On that unlucky morning he awoke at dawn, as was his custom in the Republic of Gran Dolores, when the sun first flashed over the horizon of the tepid Bay of Esperanza. He rolled over to reach for his rupsack only to notice that it was missing. The thieves had taken everything except his juggling clubs, his passport which he kept in the front pocket of his sliced and tattered trousers and the olive green army blanket which he had tightly wrapped around himself. A weary groan involuntarily leapt out of his throat. After waiting five months at the end of a continent for a northbound banana boat, he was too indifferent to be surprised or angered by anything that happened on the streets of Puerto Esperanza.
Seagulls circled overhead on the warm breeze as he grabbed his remaining possessions and made his way across a lot covered with weeds, shards of broken glass, discarded condoms and empty glue bottles. Clusters of ragged, barefoot children were curled up in the doorways of closed storefronts along Avenida Simon Bolivar.
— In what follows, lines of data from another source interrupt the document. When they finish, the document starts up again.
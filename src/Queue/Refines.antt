-- ===== src/Queue/Refines.antt =====
-- The operations of the queue are those of an ordered list of keys and values.
use xelis_blockchain.Prelude.{
  ℕ, ◌<◌, ◌≡◌, refl, sym, ap, ◌∙◌, subst, inl, inr, true, false, Option, none, some, List, [], ◌∷◌,
  ◌++◌, arith, Bool-cases, Option-cases, All,
}
use xelis_blockchain.Prelude.Equality.{Eq}
use xelis_blockchain.Queue.{Arc, Queue, find_key, find_address, get, has, get_at, is_some}
use xelis_blockchain.Queue.Valid.{arcs, Apart, IsAfter, IsValid, find_key_hit, find_key_skip}
use xelis_blockchain.Queue.Ordered.{lookup, member}

unfoldable pub entries : {K V : Type 0} → List (Arc K × V) → List (K × V)
entries [] = []
entries ((a, value) ∷ rest) = (a.value, value) ∷ entries rest

pub entries-append :
    {K V : Type 0} (xs ys : List (Arc K × V)) → entries (xs ++ ys) ≡ entries xs ++ entries ys
unfolding entries
entries-append [] ys = refl
entries-append ((a, value) ∷ xs) ys = ap (λ t. (a.value, value) ∷ t) (entries-append xs ys)

module _ {K : Type 0} ⦃e : Eq K⦄ where
  pub found-All :
      (P : Arc K → Type 0) (key : K) (ps : List (Arc K)) (b : Arc K)
      → find_key key ps ≡ some b
      → All P ps
      → P b
  unfolding find_key
  found-All P key [] b h k = cc
  found-All P key (a ∷ ps) b h (k, ks) = elim (Bool-cases (e.beq a.value key)) [
    | inl p ↦ subst P (cc (h, find_key_hit key a ps p)) k
    | inr p ↦ found-All P key ps b (sym (find_key_skip key a ps p) ∙ h) ks
  ]

module _ {K V : Type 0} ⦃e : Eq K⦄ where
  find_key-member :
      (key : K) (o : List (Arc K × V)) → is_some (find_key key (arcs o)) ≡ member key (entries o)
  unfolding arcs entries member find_key is_some
  find_key-member key [] = refl
  find_key-member key ((a, value) ∷ rest) = elim (Bool-cases (e.beq a.value key)) [
    | inl p ↦ ground (arith, p)
    | inr p ↦ ground (arith, p, find_key-member key rest)
  ]

  pub has-member : (key : K) (q : Queue K V) → IsValid q → has key q ≡ member key (entries q.order)
  unfolding has
  has-member key q v = ap (λ ks. is_some (find_key key ks)) v.synced ∙ find_key-member key q.order

  find_address_skip :
      (n : ℕ) (a : Arc K) (value : V) (rest : List (Arc K × V))
      → a.address < n
      → find_address n ((a, value) ∷ rest) ≡ find_address n rest
  unfolding find_address
  find_address_skip n a value rest h = ground arith

  find_address_hit :
      (a : Arc K) (value : V) (rest : List (Arc K × V))
      → find_address a.address ((a, value) ∷ rest) ≡ some value
  unfolding find_address
  find_address_hit a value rest = ground arith

  lookup_found : (found : Option (Arc K)) → List (Arc K × V) → Option V
  lookup_found none o = none
  lookup_found (some a) o = find_address a.address o

  lookup_found_skip :
      (key : K) (a : Arc K) (value : V) (rest : List (Arc K × V))
      → All (IsAfter a) (arcs rest)
      → lookup_found (find_key key (arcs rest)) ((a, value) ∷ rest)
        ≡ lookup_found (find_key key (arcs rest)) rest
  unfolding lookup_found
  lookup_found_skip key a value rest h = elim (Option-cases (find_key key (arcs rest))) [
    | inl q ↦ rw q refl
    | inr (b, q) ↦
        rw q
          (find_address_skip b.address a value rest (found-All (IsAfter a) key (arcs rest) b q h).1)
  ]

  lookup_skip :
      (key : K) (k : K) (value : V) (xs : List (K × V))
      → e.beq k key ≡ false
      → lookup key ((k, value) ∷ xs) ≡ lookup key xs
  unfolding lookup
  lookup_skip key k value xs p = rw p refl

  lookup_hit :
      (key : K) (k : K) (value : V) (xs : List (K × V))
      → e.beq k key ≡ true
      → lookup key ((k, value) ∷ xs) ≡ some value
  unfolding lookup
  lookup_hit key k value xs p = rw p refl

  found_lookup :
      (key : K) (o : List (Arc K × V))
      → Apart (arcs o)
      → lookup_found (find_key key (arcs o)) o ≡ lookup key (entries o)
  unfolding arcs entries lookup_found lookup find_key
  found_lookup key [] h = refl
  found_lookup key ((a, value) ∷ rest) (h, hs) = elim (Bool-cases (e.beq a.value key)) [
    | inl p ↦
        rw (find_key_hit key a (arcs rest) p)
          (find_address_hit a value rest ∙ sym (lookup_hit key a.value value (entries rest) p))
    | inr p ↦
        rw (find_key_skip key a (arcs rest) p, lookup_skip key a.value value (entries rest) p)
          (lookup_found_skip key a value rest h ∙ found_lookup key rest hs)
  ]

  get_found : (o : Option (Arc K)) (q : Queue K V) → get_at o q ≡ lookup_found o q.order
  unfolding get_at lookup_found
  get_found none q = refl
  get_found (some a) q = refl

  pub get-lookup : (key : K) (q : Queue K V) → IsValid q → get key q ≡ lookup key (entries q.order)
  unfolding get
  get-lookup key q v =
      get_found (find_key key q.keys) q
      ∙ ap (λ ks. lookup_found (find_key key ks) q.order) v.synced
      ∙ found_lookup key q.order (subst Apart v.synced v.apart)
A lone, ancient street vendor moved slowly down one side of the desolate street. In the distance the Knossos II, an air-conditioned cruise ship, was anchored just offshore with its cargo of several dozen spirited young missionaries.
"Helados, helados," the street vendor called out to no one in particular. "A peso, a peso."
The withered old man wore frayed sandals and a few scraggly white whiskers sprouted at the point of his chin. He disappeared around the corner, the rattle of his cart drowned out by the ravenous, impatient screeching of the gulls.
The stalls around the Plaza Central were always the first to open in the morning. Argo plopped down in his regular seat in the back corner of Comedor Buena Suerte. He brushed his long, bedraggled blond hair out of his face and scratched his beard as he mulled over his situation. Ham and eggs were sizzling on the large black grill behind the counter.
"Oh amigo, you look like you had a tough night."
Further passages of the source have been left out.